Porous Interpenetrated Zirconium-Organic Frameworks (PIZOFs): A Chemically Versatile Family of Metal-Organic Frameworks

We present the synthesis and characterization of porous interpenetrated zirconium-organic frameworks (PIZOFs), a new family of metal-organic frameworks obtained from ZrCl4 and the rodlike dicarboxylic acids HO2C[PE-P(R-1, R-2)-EP]CO2H that consist of alternating phenylene (P) and ethynylene (E) units. The substituents R-1, R-2 were broadly varied (alkyl, O-alkyl, oligo(ethylene glycol)), including postsynthetically addressable substituents (amino, alkyne, furan). The PIZOF structure is highly tolerant towards the variation of R-1 and R-2. This together with the modular synthesis of the diacids offers a facile tuning of the chemical environment within the pores. The PIZOF structure was solved from single-crystal X-ray diffraction analysis. The PIZOFs are stable under ambient conditions.

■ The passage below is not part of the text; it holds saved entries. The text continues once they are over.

-- ===== src/Algo/Find/Tally.antt =====
-- count, count_if and the predicates all_of, any_of, none_of.
use c_nad.Prelude.Array.{get_or}
use c_nad.Prelude.{
  ℕ, zero, suc, ◌+◌, ◌<◌, ◌≡◌, refl, ◌↔◌, Bool, true, false, Option, none, some, List, [], ◌∷◌,
  arith, if◌then◌else◌, length,
}
use c_nad.Algo.Find.{count_if_from, count_if, count_from, count, all_of, any_of, none_of, find_if}
use c_nad.Algo.Find.First.{IsFirst, find_if-IsFirst}

-- The entries that satisfy the predicate, in order.
abbrev pub keep {ℓ} : {A : Type ℓ} → (A → Bool) → List A → List A
keep pred [] = []
keep pred (x ∷ s) = if pred x then x ∷ keep pred s else keep pred s

module _ {A : Type 0} where
  count_if_from-add :
      (n : ℕ) (s : List A) (pred : A → Bool) → count_if_from n s pred ≡ n + length (keep pred s)
  unfolding count_if_from
  count_if_from-add n [] pred = omega arith
  count_if_from-add n (x ∷ s) pred =
      ground (arith, count_if_from-add n s pred, count_if_from-add (n + 1) s pred)

  count_from-add :
      (n : ℕ) (s : List A) (key : A) (eq : A → A → Bool)
      → count_from n s key eq ≡ n + length (keep (λ x. eq x key) s)
  unfolding count_from
  count_from-add n [] key eq = omega arith
  count_from-add n (x ∷ s) key eq =
      ground (arith, count_from-add n s key eq, count_from-add (n + 1) s key eq)

  -- count_if returns how many entries satisfy the predicate, and count how many are equal to the key.
  pub count-length :
      (s : List A) (pred : A → Bool) (key : A) (eq : A → A → Bool)
      → (count_if s pred ≡ length (keep pred s))
        × (count s key eq ≡ length (keep (λ x. eq x key) s))
  unfolding count_if count
  count-length s pred key eq =
      (omega (arith, count_if_from-add 0 s pred), omega (arith, count_from-add 0 s key eq))

  all_of-entries :
      (d : A) (s : List A) (pred : A → Bool)
      → (all_of s pred ≡ true) ↔ ((i : ℕ) → i < length s → pred (get_or s i d) ≡ true)
  unfolding all_of get_or
  all_of-entries d [] pred = (λ e i p. absurd (omega arith), λ h. refl)
  all_of-entries d (x ∷ s) pred = (
    λ e. elim [
      | zero ↦ λ p. ground arith
      | suc i ↦ λ p. (all_of-entries d s pred).0 (ground arith) i (omega arith)
    ],
    λ h. ground (arith, h 0, (all_of-entries d s pred).1 (λ i p. h (suc i) (omega arith))),
  )

  any_of-entries :
      (d : A) (s : List A) (pred : A → Bool)
      → (any_of s pred ≡ false) ↔ ((i : ℕ) → i < length s → pred (get_or s i d) ≡ false)
  unfolding any_of
  any_of-entries d s pred = go (find_if s pred) (find_if-IsFirst d s pred)
    where
      go :
          (o : Option ℕ)
          → IsFirst (λ i. pred (get_or s i d)) (length s) o
          → ((elim o [ some i ↦ true | none ↦ false ]) ≡ false)
            ↔ ((i : ℕ) → i < length s → pred (get_or s i d) ≡ false)
      go none h = (λ e. h, λ e. refl)
      go (some k) h = (λ e. cc, λ e. cc (e k h.0, h.1))

  -- all_of holds exactly when every entry satisfies the predicate, and none_of, the negation of
  -- any_of, exactly when no entry does; both hold of an empty span.
  pub all_of-none_of_iff :
      (d : A) (s : List A) (pred : A → Bool)
      → ((all_of s pred ≡ true) ↔ ((i : ℕ) → i < length s → pred (get_or s i d) ≡ true))
        × ((none_of s pred ≡ true) ↔ ((i : ℕ) → i < length s → pred (get_or s i d) ≡ false))
  unfolding none_of
  all_of-none_of_iff d s pred = (
    all_of-entries d s pred,
    (λ e. (any_of-entries d s pred).0 (ground arith), λ h. rw ((any_of-entries d s pred).1 h)),
  )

PIZOF-2, the PIZOF prepared from HO2C[PE-P( OMe, OMe)-EP]CO2H, served as a prototype to determine thermal stability and porosity. It is stable up to 325 degrees C in air as determined by using thermogravimetry and powder X-ray diffraction. Argon sorption isotherms on PIZOF-2 revealed a Brunauer-Emmett-Teller (BET) surface area of 1250 m(2) g(-1) and a total pore volume of 0.68 cm(3) g(-1).